Court: Division of Administrative Hearings, Florida Number: 84-003984 Visitors: 75
Judges: DIANE K. KIESLING
Agency: Department of Transportation
Latest Update: Aug. 01, 1985
Summary: Proceedings to revoke permits dismissed. First District Court of Appeals remanded for further proceedings regarding sufficiency of evidence supporting estoppel defense.
84-3984

STATE OF FLORIDA

DIVISION OF ADMINISTRATIVE HEARINGS


DEPARTMENT OF TRANSPORTATION,




)

Petitioner,

)


) CASE

NO.

84-3984T

vs.

)


84-3985T


)


84-3986T

TRI-STATE SYSTEMS, INC.,

)


84-3987T


)


84-3988T

Respondent. ) 84-3989T

) 84-3990T


RECOMMENDED ORDER


Pursuant to notice, the Division of Administrative Hearings, by its duly designated Hearing Officer, William B. Thomas, held a formal hearing in these consolidated cases on March 13, 1985, in Chipley, Florida. Subsequently, the parties submitted proposed findings of fact and conclusions of law which have been considered. Except where the proposed findings submitted are subordinate, cumulative, immaterial, or unnecessary, a ruling has been made on each, either directly or indirectly.


APPEARANCES


FOR PETITIONER: Maxine F. Ferguson, Esquire

Haydon Burns Building, Mail Station 58 Tallahassee, Florida 32301-8064


FOR RESPONDENT: Gerald S. Livingston, Esquire

Post Office Box 2151 Orlando, Florida 32802-2151


By notices dated October 3, 1984, the Department advised the Respondent that its signs located as follows:


Case number 84-3984T, south side of I-10,

1 mile east of State Road 77 in Washington County, bearing permit number 11176-10;


Case number 84-3985T, south side of I-10,

.5 mile west of State Road 77 in Washington County, bearing permit number 11170-10;


Case number 84-3986T, south side of I-10,

1.05 miles west of State Road 77 in Washing ton County, bearing permit number 11172-10;


Case number 84-3987T, north side of I-10, sign facing east, 1.2 miles west of State Road 77 in Washington County, bearing permit number 11174-10;

Case number 84-3988T, north side of I-10, sign facing west, 1.2 miles west of State Road 77 in Washington County, bearing permit number 11175-10;


Case number 84-3989T, south side of I-10, sign facing east, 1.25 miles west of State Road 77 in Washington County, bearing permit number 11178-10; and


Case number 84-3990T, south side of I-10, sign facing west, 1.25 miles west of State Road 77 in Washington County, bearing permit number 11179-10,


were in violation of Section 479.11, Florida Statutes, and Section 14-10.05(1), Florida Administrative Code. The Department seeks to revoke these permits and remove the Respondent's signs on the grounds that there has never been any zoning in effect at the locations where the signs were erected which would qualify these locations as permissible sites. Thus, the issue is whether the Respondent's permits should be revoked because the sign locations are not within zoned or unzoned commercial or industrial areas.


FINDINGS OF FACT


  1. On May 18, 1979, and May 25, 1979, Henderson Signs filed applications for seven permits to erect seven outdoor advertising sign structures in Washington County, Florida, adjacent to Interstate 10 in the proximity of State Road 77.

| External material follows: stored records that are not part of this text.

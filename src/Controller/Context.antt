-- ===== src/Controller/Context.antt =====
-- src/controller/context.ts and helpers.ts: what every handler shares, `block`, `saveJob` and a tick's
-- result.
use herdr_harness_lite.Controller.Action.{◌>>=◌, ◌>>◌, Action, require, pure, save, now, next_id}
use herdr_harness_lite.Controller.Ports.{Deps}
use herdr_harness_lite.Model.Job.{
  PullRequestCheck, CheckBucket, Job, CiFailure, HarnessState, JobState, check_bucket_eq,
  evolve_job,
}
use herdr_harness_lite.Base.{
  ℕ, Option, Bool, List, ◌==◌, String, ◌∷◌, ◌||◌, none, some, ◌+◌, is_none, length, ◌otherwise◌,
  false, [], suc, if◌then◌else◌, zero, string_eq,
}
use herdr_harness_lite.Model.Incident.{
  BlockClass, IncidentLane, controller, AutomaticRecoveryCandidate,
}
use herdr_harness_lite.Model.Attempt.{AttemptResult, Attempt, settled}
use herdr_harness_lite.Base.Text.{join, ◌<>◌, show_number}
use herdr_harness_lite.Model.Diagnostic.{SafeRuntimeDiagnostic}
use herdr_harness_lite.Policy.{make_incident}
use herdr_harness_lite.Ledger.{assert_job_invariant}
use herdr_harness_lite.Model.Encode.{class_text}

pub data TickAction : Type 0 where
  idle preflight_failed selected_action claimed_action worktree_created attempt_reconciling
        attempt_completed :
      TickAction
  analysis_recorded automatic_recovery_backoff auto_recovery_authorized : TickAction
  waiting_for_approval recovery_applied ci_recovered base_refreshed published : TickAction
  publish_retry waiting_for_merge merged archived blocked_action : TickAction

pub record TickResult : Type 0 where
  pub success : Bool
  pub action : TickAction
  pub job_id : Option String
  pub message : String

abbrev pub result : Bool → TickAction → Job → String → TickResult
result success action job message = record {
  success = success;
  action = action;
  job_id = some job.id;
  message = message;
}

unfoldable pub is_failed_check : PullRequestCheck → Bool
is_failed_check c = c.bucket == CheckBucket.fail || c.bucket == CheckBucket.cancel

abbrev pub bucket_text : CheckBucket → String
bucket_text CheckBucket.pass = "pass"
bucket_text CheckBucket.fail = "fail"
bucket_text CheckBucket.pending = "pending"
bucket_text CheckBucket.skipping = "skipping"
bucket_text CheckBucket.cancel = "cancel"

check_lines : ℕ → List PullRequestCheck → List String
check_lines n [] = []
check_lines zero (c ∷ cs) =
    ("- ... " <> show_number (length (c ∷ cs)) <> " more failed checks") ∷ []
check_lines (suc n) (c ∷ cs) =
    ("- "
      <> c.name
      <> ": "
      <> c.state
      <> " ("
      <> bucket_text c.bucket
      <> ")"
      <> (if c.link == "" then "" else " " <> c.link))
    ∷ check_lines n cs

unfoldable pub summarize_ci_failure : ℕ → CiFailure → String
unfolding check_lines
summarize_ci_failure number failure = join "\n" (
    ("PR #" <> show_number number <> " required CI failed at " <> failure.head_sha <> ":")
    ∷ check_lines 8 failure.checks)

pub record BlockInput : Type 0 where
  pub block_class : BlockClass
  pub lane : IncidentLane
  pub summary : String
  pub attempt_result : Option AttemptResult
  pub ci_failure : Option CiFailure
  pub automatic_recovery : Option AutomaticRecoveryCandidate
  pub runtime_diagnostic : Option SafeRuntimeDiagnostic

-- A block by the Controller itself, with no Attempt's result and no more evidence.
abbrev pub by_controller : BlockClass → String → BlockInput
by_controller class summary = record {
  block_class = class;
  lane = controller;
  summary = summary;
  attempt_result = none;
  ci_failure = none;
  automatic_recovery = none;
  runtime_diagnostic = none;
}

-- The Attempt that a block settles.
abbrev settled_by : Option AttemptResult → String → Attempt → Attempt
settled_by result at a = record a { phase = settled; result = result; completed_at = some at }

-- The Job whose pull request is merged.
abbrev pub merged_job : Job → Job
merged_job j = record j { state = JobState.done; last_error = none }

module _ {E : Type 0} (deps : Deps E) where
  -- `assertJobInvariant(next)` and `store.save`
  unfoldable pub save_job : HarnessState → Job → Job → Action E (Unit {0})
  save_job state current next = do
    require (is_none (assert_job_invariant deps.platform next))
        (assert_job_invariant deps.platform next otherwise "")
    save deps (record state { active_job = some next }) (some current.revision)

  -- The Job that a block leaves.
  unfoldable pub blocked_job : Job → BlockInput → String → String → String → Job
  blocked_job job input at incident_at incident_id =
      let active : Option Attempt = elim job.active_attempt [
        | none ↦ none
        | some a ↦ some (settled_by input.attempt_result at a)
      ] in
      let incident =
        make_incident deps.platform
          (record {
            job_id = job.id;
            job_revision = job.revision + 1;
            lane = input.lane;
            attempt_id = elim active [ none ↦ none | some a ↦ some a.id ];
            block_class = input.block_class;
            summary = input.summary;
            automatic_recovery = input.automatic_recovery;
            runtime_diagnostic = input.runtime_diagnostic;
          })
          incident_at incident_id in
      evolve_job job at (λ j. record j {
        state = JobState.blocked;
        active_attempt = active;
        incident = some incident;
        analysis = none;
        approval = none;
        ci_failure = elim input.ci_failure [ none ↦ j.ci_failure | some f ↦ some f ];
        last_error = some input.summary;
      })

  unfoldable pub block : HarnessState → Job → BlockInput → Action E TickResult
  unfolding save_job
  block state job input = do
    at ← now deps
    incident_at ← now deps
    id ← next_id deps "incident"
    save_job state job (blocked_job job input at incident_at id)
    pure (result false blocked_action job (class_text input.block_class <> ": " <> input.summary))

  2. These applications were field approved by the Department's outdoor advertising inspector and by his supervisor on or about May 30, 1979. Thereafter, on or about June 6, 1979, the Department issued permit numbers 11176-10, 11170-10, 11172-10, 11174-10, 11175-10, 11178-10 and 11179-10 to Henderson Signs. These permits authorized the erection of the signs in the vicinity of the I-10 and S.R. 77 interchange in Washington County, which are the subject of this proceeding.


  3. Subsequent to the issuance of theme permits, Henderson Signs erected the signs at the permitted locations. Thereafter, Henderson Signs transferred to the Respondent, Tri-State Systems, Inc., all of its interest in these signs and in the permits which authorized them to be erected.


  4. Prior to this transfer, the Respondent's representatives inquired at the Department's district office in Chipley whether the permits to be purchased from Henderson Signs were valid permits. Two of the Respondent's representatives testified that they received assurance from the outdoor Advertising Administrator in the Chipley district office that these permits were legal permits. This testimony, however, is self-serving and uncorroborated, and thus is not of sufficient quality to support a finding of fact.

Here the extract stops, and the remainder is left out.